• TRY IT
Exactly as written, transcribe the data that follows.
++++ PROVIDED RECORDS
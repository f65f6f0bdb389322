-- ===== src/VoiceLease/Closed.antt =====
-- The last section of aclose in integrations/oopz/voice_lease.py, and what follows it.
use cywl_oopz.Prelude.{
  ◌∙◌, ℕ, ◌≡◌, ◌<◌, refl, arith, Bool, true, false, ◌&&◌, List, [], ◌∷◌, Option, none, some,
  nat_beq, is_some, any, Bool-cases, inl, inr, ltb, not, if_ind,
}
use cywl_oopz.VoiceLease.Manager.{
  VoiceLeaseRequest, VoiceLeaseSnapshot, OopzVoiceLease, begin_acquire, begin_close, end_close,
  manager_release, release, is_lease,
}
use cywl_oopz.VoiceLease.Tasks.{
  World, new_world, Event, acquires, join_raises, join_returns, orphan_leaves, orphan_is_forgotten,
  releases, closes, close_wakes, close_ends, handle, run, request_of,
}
use cywl_oopz.VoiceLease.Exclusive.{IsExclusive, pending_join}
use cywl_oopz.VoiceLease.Owners.{run-IsExclusive}
use cywl_oopz.VoiceLease.Silence.{IsClosing, Closing-run}

pub record Silent (closed active : Bool) (joining : List (ℕ × VoiceLeaseRequest)) : Type 0 where
  pub over : closed ≡ true
  pub unowned : active ≡ false
  pub unjoined : joining ≡ []

-- The manager is closed, and there is no lease and no join under way.
abbrev pub IsSilent : World → Type 0
IsSilent w = Silent w.manager.closed (is_some w.manager.active) w.joining

not_lease :
    (g : ℕ) (active : Option OopzVoiceLease) → is_some active ≡ false → is_lease g active ≡ false
not_lease g none h = refl
not_lease g (some lease) h = ground (arith, h)

releases-IsSilent :
    (returns : Bool) (g : ℕ) (w : World) → IsSilent w → IsSilent (handle (releases returns g) w)
unfolding handle release manager_release
releases-IsSilent returns g w i = elim (Bool-cases (any (nat_beq g) w.handed)) [
  | inr unknown ↦ rw unknown i
  | inl own ↦ elim (Bool-cases (any (nat_beq g) w.released)) [
    | inl done ↦ rw (own, done) i
    | inr not_yet ↦ rw (own, not_yet, not_lease g w.manager.active i.unowned) i
  ]
]

closes-IsSilent : (w : World) → IsSilent w → IsSilent (handle closes w)
unfolding handle begin_close
closes-IsSilent w i =
    elim (Bool-cases (
      w.manager.closed
      && not (is_some w.manager.pending)
      && not (is_some w.manager.active)
      && not w.manager.joined_without_lease)) [
        | inl over ↦ rw over i
        | inr still ↦ elim (Bool-cases (is_some w.manager.pending)) [
          | inl joins ↦
              rw (still, joins) (record { over = refl; unowned = i.unowned; unjoined = i.unjoined })
          | inr idle ↦
              rw (still, idle) (record { over = refl; unowned = i.unowned; unjoined = i.unjoined })
        ]
      ]

close_ends-IsSilent :
    (returns : Bool) (w : World) → IsSilent w → IsSilent (handle (close_ends returns) w)
unfolding handle end_close
close_ends-IsSilent returns w i = elim (Bool-cases (ltb 0 w.closing)) [
  | inr absent ↦ rw absent i
  | inl present ↦
      elim (Bool-cases (not (is_some w.manager.active) && not w.manager.joined_without_lease)) [
        | inl none_left ↦ rw (present, none_left) i
        | inr busy ↦ elim (Bool-cases returns) [
          | inr failed ↦ rw (present, busy, failed) i
          | inl left ↦
              rw (present, busy, left)
                (record { over = i.over; unowned = refl; unjoined = i.unjoined })
        ]
      ]
]

handle-IsSilent : (e : Event) (w : World) → IsSilent w → IsSilent (handle e w)
unfolding handle begin_acquire request_of
handle-IsSilent (acquires request) w i =
    rw i.over (record { over = refl; unowned = i.unowned; unjoined = i.unjoined })
handle-IsSilent (join_raises g) w i =
    rw i.unjoined (record { over = i.over; unowned = i.unowned; unjoined = refl })
handle-IsSilent (join_returns g) w i =
    rw i.unjoined (record { over = i.over; unowned = i.unowned; unjoined = refl })
handle-IsSilent (orphan_leaves returns) w i = if_ind IsSilent (ltb 0 w.leaving) (λ _. i) (λ _. i)
handle-IsSilent orphan_is_forgotten w i = if_ind IsSilent (ltb 0 w.left) (λ _. i) (λ _. i)
handle-IsSilent (releases returns g) w i = releases-IsSilent returns g w i
handle-IsSilent closes w i = closes-IsSilent w i
handle-IsSilent close_wakes w i =
    if_ind IsSilent (ltb 0 w.waiting && w.manager.pending_done) (λ _. i) (λ _. i)
handle-IsSilent (close_ends returns) w i = close_ends-IsSilent returns w i

Silent-run : (w : World) (events : List Event) → IsSilent w → IsSilent (run w events)
unfolding run
Silent-run w [] i = i
Silent-run w (e ∷ events) i = Silent-run (handle e w) events (handle-IsSilent e w i)

no_join :
    (pending : Option VoiceLeaseSnapshot) → is_some pending ≡ false → pending_join pending ≡ []
no_join none h = refl
no_join (some p) h = ground (arith, h)

no_lease :
    (active : Option OopzVoiceLease) (orphaned : Bool)
    → (not (is_some active) && not orphaned) ≡ true
    → is_some active ≡ false
no_lease none orphaned h = refl
no_lease (some lease) orphaned h = ground (arith, h)

end-IsSilent :
    (w : World)
    → IsExclusive w
    → IsClosing w
    → ltb 0 w.closing ≡ true
    → IsSilent (handle (close_ends true) w)
unfolding handle end_close
end-IsSilent w x i present =
    let (over, idle) = i.last (ground (arith, present)) in
    let unjoined = x.under_way ∙ no_join w.manager.pending idle in
    elim (Bool-cases (not (is_some w.manager.active) && not w.manager.joined_without_lease)) [
      | inl none_left ↦
          rw (present, none_left)
            (record {
              over = over;
              unowned = no_lease w.manager.active w.manager.joined_without_lease none_left;
              unjoined = unjoined;
            })
      | inr busy ↦ rw (present, busy) (record { over = over; unowned = refl; unjoined = unjoined })
    ]

-- Over any sections of any tasks, in any order: where a task has come to the last section of
-- aclose and the leave in it returns, the manager is closed from then on, and there is no lease
-- and no join under way.
pub close-IsSilent :
    (earlier later : List Event)
    → 0 < (run new_world earlier).closing
    → IsSilent (run (handle (close_ends true) (run new_world earlier)) later)
unfolding run
close-IsSilent earlier later present =
    let w = run new_world earlier in
    Silent-run (handle (close_ends true) w) later (
      end-IsSilent w (run-IsExclusive earlier)
        (Closing-run new_world earlier (run-IsExclusive []) (record {
          last = λ h. ground (arith, h);
          wait = λ h. ground (arith, h);
          leave = λ h. ground (arith, h);
          undone = λ h. ground (arith, h);
        }))
        (ground (arith, present)))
++++++++
• FINISHED TASK
repository f65f6f0bdb389322
-- ===== src/VoiceLease/Closed.antt =====
-- The last section of aclose in integrations/oopz/voice_lease.py, and what follows it.
use cywl_oopz.Prelude.{
  ◌∙◌, ℕ, ◌≡◌, ◌<◌, refl, arith, Bool, true, false, ◌&&◌, List, [], ◌∷◌, Option, none, some,
  nat_beq, is_some, any, Bool-cases, inl, inr, ltb, not, if_ind,
}
use cywl_oopz.VoiceLease.Manager.{
  VoiceLeaseRequest, VoiceLeaseSnapshot, OopzVoiceLease, begin_acquire, begin_close, end_close,
  manager_release, release, is_lease,
}
use cywl_oopz.VoiceLease.Tasks.{
  World, new_world, Event, acquires, join_raises, join_returns, orphan_leaves, orphan_is_forgotten,
  releases, closes, close_wakes, close_ends, handle, run, request_of,
}
use cywl_oopz.VoiceLease.Exclusive.{IsExclusive, pending_join}
use cywl_oopz.VoiceLease.Owners.{run-IsExclusive}
use cywl_oopz.VoiceLease.Silence.{IsClosing, Closing-run}

pub record Silent (closed active : Bool) (joining : List (ℕ × VoiceLeaseRequest)) : Type 0 where
  pub over : closed ≡ true
  pub unowned : active ≡ false
  pub unjoined : joining ≡ []

-- The manager is closed, and there is no lease and no join under way.
abbrev pub IsSilent : World → Type 0
IsSilent w = Silent w.manager.closed (is_some w.manager.active) w.joining

not_lease :
    (g : ℕ) (active : Option OopzVoiceLease) → is_some active ≡ false → is_lease g active ≡ false
not_lease g none h = refl
not_lease g (some lease) h = ground (arith, h)

releases-IsSilent :
    (returns : Bool) (g : ℕ) (w : World) → IsSilent w → IsSilent (handle (releases returns g) w)
unfolding handle release manager_release
releases-IsSilent returns g w i = elim (Bool-cases (any (nat_beq g) w.handed)) [
  | inr unknown ↦ rw unknown i
  | inl own ↦ elim (Bool-cases (any (nat_beq g) w.released)) [
    | inl done ↦ rw (own, done) i
    | inr not_yet ↦ rw (own, not_yet, not_lease g w.manager.active i.unowned) i
  ]
]

closes-IsSilent : (w : World) → IsSilent w → IsSilent (handle closes w)
unfolding handle begin_close
closes-IsSilent w i =
    elim (Bool-cases (
      w.manager.closed
      && not (is_some w.manager.pending)
      && not (is_some w.manager.active)
      && not w.manager.joined_without_lease)) [
        | inl over ↦ rw over i
        | inr still ↦ elim (Bool-cases (is_some w.manager.pending)) [
          | inl joins ↦
              rw (still, joins) (record { over = refl; unowned = i.unowned; unjoined = i.unjoined })
          | inr idle ↦
              rw (still, idle) (record { over = refl; unowned = i.unowned; unjoined = i.unjoined })
        ]
      ]

close_ends-IsSilent :
    (returns : Bool) (w : World) → IsSilent w → IsSilent (handle (close_ends returns) w)
unfolding handle end_close
close_ends-IsSilent returns w i = elim (Bool-cases (ltb 0 w.closing)) [
  | inr absent ↦ rw absent i
  | inl present ↦
      elim (Bool-cases (not (is_some w.manager.active) && not w.manager.joined_without_lease)) [
        | inl none_left ↦ rw (present, none_left) i
        | inr busy ↦ elim (Bool-cases returns) [
          | inr failed ↦ rw (present, busy, failed) i
          | inl left ↦
              rw (present, busy, left)
                (record { over = i.over; unowned = refl; unjoined = i.unjoined })
        ]
      ]
]

handle-IsSilent : (e : Event) (w : World) → IsSilent w → IsSilent (handle e w)
unfolding handle begin_acquire request_of
handle-IsSilent (acquires request) w i =
    rw i.over (record { over = refl; unowned = i.unowned; unjoined = i.unjoined })
handle-IsSilent (join_raises g) w i =
    rw i.unjoined (record { over = i.over; unowned = i.unowned; unjoined = refl })
handle-IsSilent (join_returns g) w i =
    rw i.unjoined (record { over = i.over; unowned = i.unowned; unjoined = refl })
handle-IsSilent (orphan_leaves returns) w i = if_ind IsSilent (ltb 0 w.leaving) (λ _. i) (λ _. i)
handle-IsSilent orphan_is_forgotten w i = if_ind IsSilent (ltb 0 w.left) (λ _. i) (λ _. i)
handle-IsSilent (releases returns g) w i = releases-IsSilent returns g w i
handle-IsSilent closes w i = closes-IsSilent w i
handle-IsSilent close_wakes w i =
    if_ind IsSilent (ltb 0 w.waiting && w.manager.pending_done) (λ _. i) (λ _. i)
handle-IsSilent (close_ends returns) w i = close_ends-IsSilent returns w i

Silent-run : (w : World) (events : List Event) → IsSilent w → IsSilent (run w events)
unfolding run
Silent-run w [] i = i
Silent-run w (e ∷ events) i = Silent-run (handle e w) events (handle-IsSilent e w i)

no_join :
    (pending : Option VoiceLeaseSnapshot) → is_some pending ≡ false → pending_join pending ≡ []
no_join none h = refl
no_join (some p) h = ground (arith, h)

no_lease :
    (active : Option OopzVoiceLease) (orphaned : Bool)
    → (not (is_some active) && not orphaned) ≡ true
    → is_some active ≡ false
no_lease none orphaned h = refl
no_lease (some lease) orphaned h = ground (arith, h)

end-IsSilent :
    (w : World)
    → IsExclusive w
    → IsClosing w
    → ltb 0 w.closing ≡ true
    → IsSilent (handle (close_ends true) w)
unfolding handle end_close
end-IsSilent w x i present =
    let (over, idle) = i.last (ground (arith, present)) in
    let unjoined = x.under_way ∙ no_join w.manager.pending idle in
    elim (Bool-cases (not (is_some w.manager.active) && not w.manager.joined_without_lease)) [
      | inl none_left ↦
          rw (present, none_left)
            (record {
              over = over;
              unowned = no_lease w.manager.active w.manager.joined_without_lease none_left;
              unjoined = unjoined;
            })
      | inr busy ↦ rw (present, busy) (record { over = over; unowned = refl; unjoined = unjoined })
    ]

-- Over any sections of any tasks, in any order: where a task has come to the last section of
-- aclose and the leave in it returns, the manager is closed from then on, and there is no lease
-- and no join under way.
pub close-IsSilent :
    (earlier later : List Event)
    → 0 < (run new_world earlier).closing
    → IsSilent (run (handle (close_ends true) (run new_world earlier)) later)
unfolding run
close-IsSilent earlier later present =
    let w = run new_world earlier in
    Silent-run (handle (close_ends true) w) later (
      end-IsSilent w (run-IsExclusive earlier)
        (Closing-run new_world earlier (run-IsExclusive []) (record {
          last = λ h. ground (arith, h);
          wait = λ h. ground (arith, h);
          leave = λ h. ground (arith, h);
          undone = λ h. ground (arith, h);
        }))
        (ground (arith, present)))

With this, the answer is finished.